In typesetting, a slug is any of several kinds of piece of lead or other type metal. One kind of slug is a piece of spacing material used to space paragraphs. In the era of commercial typesetting in metal type, they were usually manufactured in strips of 6-point lead. Another kind of slug is a single sort, bearing a single letter or any other symbol. More recently, a slug can be an entire line of Linotype typeset matter, where a single piece of lead has been cast bearing a line of text.

In modern typesetting programs such as Adobe InDesign, slugs hold printing information, customized color bar information, or display other instructions and descriptions for other information in the document. Objects (including text frames) positioned in the slug area are printed but will disappear when the document is trimmed to its final page size.

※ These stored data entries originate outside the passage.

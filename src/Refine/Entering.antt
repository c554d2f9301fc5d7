-- ===== src/Refine/Entering.antt =====
-- The instruction that a cycle brings into EX, and what stands behind it.
use cpu_sim.Base.{ℕ, ◌<◌, ◌≡◌, ◌≢◌, inl, inr, sym, ap, ◌∙◌, Bool-cases, true, false, Option, some}
use cpu_sim.Isa.Decoder.{decode}
use cpu_sim.Memory.Interface.{IMemory}
use cpu_sim.RegFile.{num_regs, read}
use cpu_sim.Predictor.{BranchPredictor}
use cpu_sim.Pipeline.Regs.{IdEx, ExMem, MemWb, ex_mem_bubble}
use cpu_sim.Pipeline.Execute.{executed, next_pc}
use cpu_sim.Pipeline.Forward.{resolve}
use cpu_sim.Pipeline.Writeback.{has_writeback}
use cpu_sim.Pipeline.Hazard.{is_load}
use cpu_sim.Pipeline.MemAccess.{access}
use cpu_sim.Arch.{Arch, halts}
use cpu_sim.Refine.Latched.{Latched, first, second}
use cpu_sim.Refine.Claims.{IsShaped, InFront, InEx, Follows}
use cpu_sim.Refine.Step.{handed, moved, step-parts}
use cpu_sim.Refine.Operands.{retired, resolve-retired, operand-behind}
use cpu_sim.Refine.Executing.{
  executed-valid, executed-op, executed-bubble, executed-handed, ex-next_pc, ex-op, ex-rd,
}

module _ (I D S : IMemory) (view : D.State → S.State) (Holds : I.State → Type 0)
    (code : ℕ → Option ℕ) (Guides : Option BranchPredictor → Type 0) where
  -- EX keeps whether there is an instruction.
  pub executed-Follows :
      (id : IdEx) (a b : ℕ) (t u : Arch S)
      → Follows I D S view Holds code Guides (executed id a b).valid (executed id a b).op t u
      → Follows I D S view Holds code Guides id.valid id.op t u
  executed-Follows id a b t u (inl (n, e)) = inl (sym (executed-valid id a b) ∙ n, e)
  executed-Follows id a b t u (inr (v, n, e)) =
      let w = sym (executed-valid id a b) ∙ v in
      inr (w, ap halts (sym (executed-op id a b w)) ∙ n, e)

  -- With a bubble in EX, only what stands in front of it counts.
  pub bubble-InEx :
      (l : Latched I D) (u : Arch S)
      → l.ex.valid ≡ false
      → InFront I D S view Holds code Guides l.front l.pc u
      → InEx I D S view Holds code Guides l u
  bubble-InEx l u n f = record {
    ex_code = λ v. cc;
    ex_eq = λ v. cc;
    first_eq = λ v. cc;
    second_eq = λ v. cc;
    ex_jalr = λ v. cc;
    in_front = λ w g _. bubble-in_front w g;
  }
    where
      bubble-in_front :
          (w : Arch S)
          → Follows I D S view Holds code Guides l.ex.valid l.ex.op u w
          → InFront I D S view Holds code Guides l.front l.pc w
      bubble-in_front w (inl (_, e)) = rw e f
      bubble-in_front w (inr (v, _, _)) = cc

  -- What the registers of a state are to the file and the results on their way to it.
  pub record Settled (l : Latched I D) (wb : MemWb) (t : Arch S) : Type 0 where
    pub file : IsShaped l.rf
    pub file_written : IsShaped (retired l.wb l.rf)
    pub state_file : IsShaped t.rf
    pub old_rd : l.wb.rd < num_regs
    pub new_rd : wb.rd < num_regs
    pub old_silent : l.wb.valid ≡ true → has_writeback l.wb.op ≡ false → l.wb.rd ≡ 0
    pub new_silent : wb.valid ≡ true → has_writeback wb.op ≡ false → wb.rd ≡ 0
    pub registers : retired wb (retired l.wb l.rf) ≡ t.rf

  module _ (l : Latched I D) (wb : MemWb) (t u : Arch S) (h : InEx I D S view Holds code Guides l t)
      (r : Settled l wb t) (f : Follows I D S view Holds code Guides l.ex.valid l.ex.op t u) where
    abbrev executing : ExMem
    executing = executed l.ex (first I D l) (second I D l)

    -- What EX makes of its instruction is a step of the machine.
    executing-parts :
        l.ex.valid ≡ true
        → (halts (decode l.ex.raw t.pc).op ≡ false)
          × (wb2 : MemWb) × (m2 : S.State) × (access S
                (decode l.ex.raw t.pc).op
                (handed S t l.ex.raw)
                t.mem
              ≡ some (wb2, m2))
          × (moved S t l.ex.raw (wb2, m2) ≡ u)
    executing-parts v = elim f [
      | inl (n, _) ↦ cc
      | inr (_, n, e) ↦
          let go = ap halts (sym (ex-op I D S view Holds code Guides l t h v)) ∙ n in
          let (wb2, m2, a, mv) = step-parts S code t l.ex.raw (h.ex_code v) go e in
          (go, wb2, m2, a, mv)
    ]

    executing-bubble : l.ex.valid ≡ false → u ≡ t
    executing-bubble n = elim f [ inl (_, e) ↦ e | inr (v, _, _) ↦ cc ]

    -- The operand that the next instruction finds.
    abbrev found : ExMem → ℕ → ℕ
    found ex reg =
        resolve (record { prev_mem_wb = l.wb; prev_mem_wb_next = l.wb }) ex wb reg (read l.rf reg)

    operand-bubble : (reg : ℕ) → l.ex.valid ≡ false → found executing reg ≡ read u.rf reg
    operand-bubble reg n =
        ap (λ x. found x reg) (executed-bubble l.ex (first I D l) (second I D l) n)
        ∙ resolve-retired l.rf l.wb wb ex_mem_bubble reg r.file r.file_written r.old_rd r.new_rd
            r.old_silent r.new_silent
        ∙ ap (λ rf. read rf reg) r.registers
        ∙ ap (λ s. read s.rf reg) (sym (executing-bubble n))

    operand-executing :
        (reg : ℕ)
        → l.ex.valid ≡ true
        → (is_load l.ex.op ≡ true → l.ex.rd ≢ 0 → reg ≢ l.ex.rd)
        → found executing reg ≡ read u.rf reg
    operand-executing reg v free =
        let (go, wb2, m2, a, mv) = executing-parts v in
        let eo = ex-op I D S view Holds code Guides l t h v in
        let er = ex-rd I D S view Holds code Guides l t h v in
        ap (λ x. found x reg) (executed-handed I D S view Holds code Guides l t h v)
        ∙ operand-behind S l.rf l.wb wb t l.ex.raw reg r.file r.file_written r.state_file r.old_rd
            r.new_rd r.old_silent r.new_silent r.registers go a (rw (eo, er) at free)
        ∙ ap {A = Arch S} (λ s. read s.rf reg) mv

    pub entering-operand :
        (reg : ℕ)
        → (l.ex.valid ≡ true → is_load l.ex.op ≡ true → l.ex.rd ≢ 0 → reg ≢ l.ex.rd)
        → found executing reg ≡ read u.rf reg
    entering-operand reg free = elim (Bool-cases l.ex.valid) [
      | inl v ↦ operand-executing reg v (free v)
      | inr n ↦ operand-bubble reg n
    ]

    -- Where the instruction in EX goes.
    pub follows-pc : l.ex.valid ≡ true → next_pc l.ex (first I D l) (second I D l) ≡ u.pc
    unfolding moved
    follows-pc v =
        let (go, wb2, m2, a, mv) = executing-parts v in
        ex-next_pc I D S view Holds code Guides l t h v ∙ ap {A = Arch S} (λ s. s.pc) mv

Slugs, or slug lines, are also the name for incidental typeset lines of type that are intended either for the printer's or binder's benefit (such as a collation mark, a catch line, or a galley slug) or as advertising for the producer of the printed piece (such as a line of type showing the name of the printer, the printer's item number or job number, and the telephone number of the printer in order to make reorders simple).

== Usage in web publishing ==

This term is also used in web publishing to refer to short article labels that may be used as part of a URL. Slugs are usually derived from an article's title and are limited in length, and to a specific set of characters (to prevent percent-encoding); often only letters, numbers, and hyphens are allowed.